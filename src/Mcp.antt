-- ===== src/Mcp.antt =====
-- kmcp: the tools and resources by which an AI client manages a server (server.go, tools.go,
-- resources.go).
-- The server is an interface, `IServer`: its state, its connection manager, and what the tools call
-- of it and of a connection. Strings of the client and of the server are lists of bytes; the names
-- of tools, arguments and methods are strings. The MCP library is not modelled: it looks a tool or
-- a resource up by its name and calls it. What `encoding/json` and `fmt` make of a result or an
-- error stands for itself, `pretty` and `error_text`. `to_uint64` is Go's conversion of a
-- floating-point number.
-- The children: Tools has the tools as they are registered, Returning that they return, Arguments
-- what they require, Access the authorization, Connections the tools that use the manager, Logs the
-- one that reads the log ring, Live the interface over the models of the server and its connections.
pub mod Tools
pub mod Returning
pub mod Arguments
pub mod Access
pub mod Connections
pub mod Logs
pub mod Live
mod Tests
use kinz.Base.{
  ℕ, zero, suc, ◌+◌, ◌-◌, ◌%◌, ◌^◌, ◌/◌, Bool, true, false, List, [], ◌∷◌, ◌++◌, Option, none, some,
  ℤ, pos, negsuc, length, ltb, String, if◌then◌else◌,
}
use kinz.Base.Names.{lookup}
use kinz.ConnManager.{ConnManager, ConnError, range, get}
use kinz.Ring.{RingBuffer, lines}
use kinz.Config.{Config}
use kinz.Metrics.Snapshot.{Snapshot}

pub record IServer (W C E Float : Type 0) : Type 0 where
  pub conn_mgr : W → ConnManager C
  pub conn_id : C → ℕ
  pub remote_addr : W → C → List ℕ
  pub local_addr : W → C → List ℕ
  pub send_msg : C → ℕ → List ℕ → W → W × Option E
  pub stop : C → W → W
  pub shutdown : W → W × Option E
  pub name : W → List ℕ
  pub address : W → Option (List ℕ)
  pub metrics : W → Snapshot Float

-- `AuthFunc`, with its errors in `A`.
abbrev pub AuthFunc : Type 0 → Type 0
AuthFunc A = String → Option A

-- `startTime` is in nanoseconds.
pub record McpServer (A : Type 0) : Type 0 where
  pub cfg : Option Config
  pub ring : Option RingBuffer
  pub auth : Option (AuthFunc A)
  pub version : List ℕ
  pub start_time : ℕ

pub data McpOption (A : Type 0) : Type 0 where
  with_config : Config → McpOption A
  with_log_ring : RingBuffer → McpOption A
  with_auth : AuthFunc A → McpOption A
  with_version : List ℕ → McpOption A

module _ {A : Type 0} where
  abbrev pub apply_option : McpServer A → McpOption A → McpServer A
  apply_option s (with_config cfg) = record s { cfg = some cfg }
  apply_option s (with_log_ring ring) = record s { ring = some ring }
  apply_option s (with_auth f) = record s { auth = some f }
  apply_option s (with_version v) = record s { version = v }

  abbrev pub apply_options : McpServer A → List (McpOption A) → McpServer A
  apply_options s [] = s
  apply_options s (opt ∷ opts) = apply_options (apply_option s opt) opts

  -- `NewServer` at the time `now`.
  unfoldable pub new_mcp_server : ℕ → List (McpOption A) → McpServer A
  new_mcp_server now opts =
      apply_options
        (record {
          cfg = none;
          ring = none;
          auth = none;
          version = b'0' ∷ b'.' ∷ b'1' ∷ b'.' ∷ b'0' ∷ [];
          start_time = now;
        })
        opts

  unfoldable pub authorize : McpServer A → String → Option A
  authorize s method = elim s.auth [ none ↦ none | some auth ↦ auth method ]

-- A value of the arguments, of the type `any`.
pub data Arg (Float : Type 0) : Type 0 where
  float_arg : Float → Arg Float
  int_arg : ℤ → Arg Float
  int64_arg : ℤ → Arg Float
  string_arg : List ℕ → Arg Float
  other_arg : Arg Float

-- What `argMap` returns; `none` is nil.
abbrev pub Args : Type 0 → Type 0
Args Float = Option (List (String × Arg Float))

-- `uint64(n)`.
abbrev pub wrap_int : ℤ → ℕ
wrap_int (pos n) = n % 2 ^ 64
wrap_int (negsuc n) = (2 ^ 64 - (n + 1) % 2 ^ 64) % 2 ^ 64

-- `int(n)` of a uint64.
abbrev pub to_int : ℕ → ℤ
to_int n = if ltb n (2 ^ 63) then pos n else negsuc (2 ^ 64 - 1 - n)

module _ {Float : Type 0} where
  -- The type assertion on an argument that is there.
  abbrev pub as_string : Arg Float → Option (List ℕ)
  as_string (string_arg s) = some s
  as_string _ = none

  abbrev pub as_uint : (Float → ℕ) → Arg Float → Option ℕ
  as_uint to_uint64 (float_arg n) = some (to_uint64 n)
  as_uint to_uint64 (int_arg n) = some (wrap_int n)
  as_uint to_uint64 (int64_arg n) = some (wrap_int n)
  as_uint to_uint64 _ = none

  unfoldable pub arg_string : Args Float → String → Option (List ℕ)
  arg_string none key = none
  arg_string (some args) key = elim (lookup key args) [ none ↦ none | some v ↦ as_string v ]

  unfoldable pub arg_uint : (Float → ℕ) → Args Float → String → Option ℕ
  arg_uint to_uint64 none key = none
  arg_uint to_uint64 (some args) key = elim (lookup key args) [
    | none ↦ none
    | some v ↦ as_uint to_uint64 v
  ]

pub record ConnInfo : Type 0 where
  pub id : ℕ
  pub remote : List ℕ
  pub local : List ℕ

-- What a tool returns without an error.
pub data Result (Float : Type 0) : Type 0 where
  info : List ℕ → List ℕ → List ℕ → ℕ → Result Float
  connections : ℕ → List ConnInfo → Result Float
  connection : ConnInfo → Result Float
  ok : Result Float
  sent : ℕ → Result Float
  metrics : Snapshot Float → Result Float
  config : Option Config → Result Float
  logs : List (List ℕ) → Result Float

pub data ToolError (E : Type 0) : Type 0 where
  required : String → ToolError E
  not_found : ConnError → ToolError E
  server_error : E → ToolError E

pub data Outcome (E Float : Type 0) : Type 0 where
  returned : Result Float → Outcome E Float
  failed : ToolError E → Outcome E Float
  panicked : Outcome E Float

-- `uint32(msgID)`.
abbrev pub to_uint32 : ℕ → ℕ
to_uint32 n = n % 2 ^ 32

module _ {W C E Float A : Type 0} (srv : IServer W C E Float) (s : McpServer A) where
  abbrev pub conn_info : W → C → ConnInfo
  conn_info w c = record {
    id = srv.conn_id c;
    remote = srv.remote_addr w c;
    local = srv.local_addr w c;
  }

  unfoldable pub tool_server_info : ℕ → W → Outcome E Float
  tool_server_info now w = returned (
      info (srv.name w) s.version (elim (srv.address w) [ none ↦ [] | some addr ↦ addr ])
        ((now - s.start_time) / 1000000000))

  -- The callback of `toolListConnections`.
  abbrev pub list_conn : W → List ConnInfo → ℕ → C → List ConnInfo × Bool
  list_conn w conns id c = (conns ++ (record (conn_info w c) { id = id }) ∷ [], true)

  unfoldable pub tool_list_connections : W → Result Float
  unfolding range
  tool_list_connections w =
      let conns = range srv.conn_id (srv.conn_mgr w) (list_conn w) [] in
      connections (length conns) conns

  -- What is done with what `Get` of the manager returned.
  abbrev pub if_found :
      W → Option C × Option ConnError → (C → W × Outcome E Float) → W × Outcome E Float
  if_found w (some c, err) f = f c
  if_found w (none, some err) f = (w, failed (not_found err))
  if_found w (none, none) f = (w, panicked)

  abbrev pub with_conn : ℕ → W → (C → W × Outcome E Float) → W × Outcome E Float
  with_conn id w = if_found w (get (srv.conn_mgr w) id)

  unfoldable pub tool_get_connection : ℕ → W → W × Outcome E Float
  unfolding get
  tool_get_connection id w = with_conn id w (λ c. (w, returned (connection (conn_info w c))))

  -- The result of a call of the server that returns an error or nothing.
  abbrev pub or_error : Result Float → W × Option E → W × Outcome E Float
  or_error r (w, none) = (w, returned r)
  or_error r (w, some e) = (w, failed (server_error e))

  unfoldable pub tool_send_to_connection : ℕ → ℕ → List ℕ → W → W × Outcome E Float
  unfolding get
  tool_send_to_connection conn_id msg_id data_bytes w =
      with_conn conn_id w (λ c. or_error ok (srv.send_msg c msg_id data_bytes w))

  -- The callback of `toolBroadcast`.
  abbrev pub broadcast_to : ℕ → List ℕ → W × ℕ → ℕ → C → (W × ℕ) × Bool
  broadcast_to msg_id data_bytes (w, count) id c =
      let (w', err) = srv.send_msg c msg_id data_bytes w in
      ((w', elim err [ none ↦ count + 1 | some _ ↦ count ]), true)

  unfoldable pub tool_broadcast : ℕ → List ℕ → W → W × Outcome E Float
  unfolding range
  tool_broadcast msg_id data_bytes w =
      let (w', count) =
        range srv.conn_id (srv.conn_mgr w) (broadcast_to msg_id data_bytes) (w, 0) in
      (w', returned (sent count))

  unfoldable pub tool_close_connection : ℕ → W → W × Outcome E Float
  unfolding get
  tool_close_connection id w = with_conn id w (λ c. (srv.stop c w, returned ok))

  unfoldable pub tool_get_metrics : W → Result Float
  tool_get_metrics w = metrics (srv.metrics w)

  unfoldable pub tool_get_config : Result Float
  tool_get_config = config s.cfg

  -- `lines <= 0` means 50.
  abbrev pub line_count : ℤ → ℤ
  line_count (pos zero) = pos 50
  line_count (pos (suc n)) = pos (suc n)
  line_count (negsuc n) = pos 50

  abbrev pub logs_or_panic : Option (List (List ℕ)) → Outcome E Float
  logs_or_panic none = panicked
  logs_or_panic (some ls) = returned (logs ls)

  unfoldable pub tool_get_logs : ℤ → Outcome E Float
  tool_get_logs n = elim s.ring [
    | none ↦ returned (logs [])
    | some ring ↦ logs_or_panic (lines ring (line_count n))
  ]

  unfoldable pub tool_shutdown : W → W × Outcome E Float
  tool_shutdown w = or_error ok (srv.shutdown w)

━━━━━━━━

[WHAT THE TASK REQUIRES]: Set down no line except those from the one with "unfoldable pub tool_shutdown" to the last line of the data, inclusive, each exactly as written.

[RESULT OF THE EXERCISE]:
  unfoldable pub tool_shutdown : W → W × Outcome E Float
  tool_shutdown w = or_error ok (srv.shutdown w)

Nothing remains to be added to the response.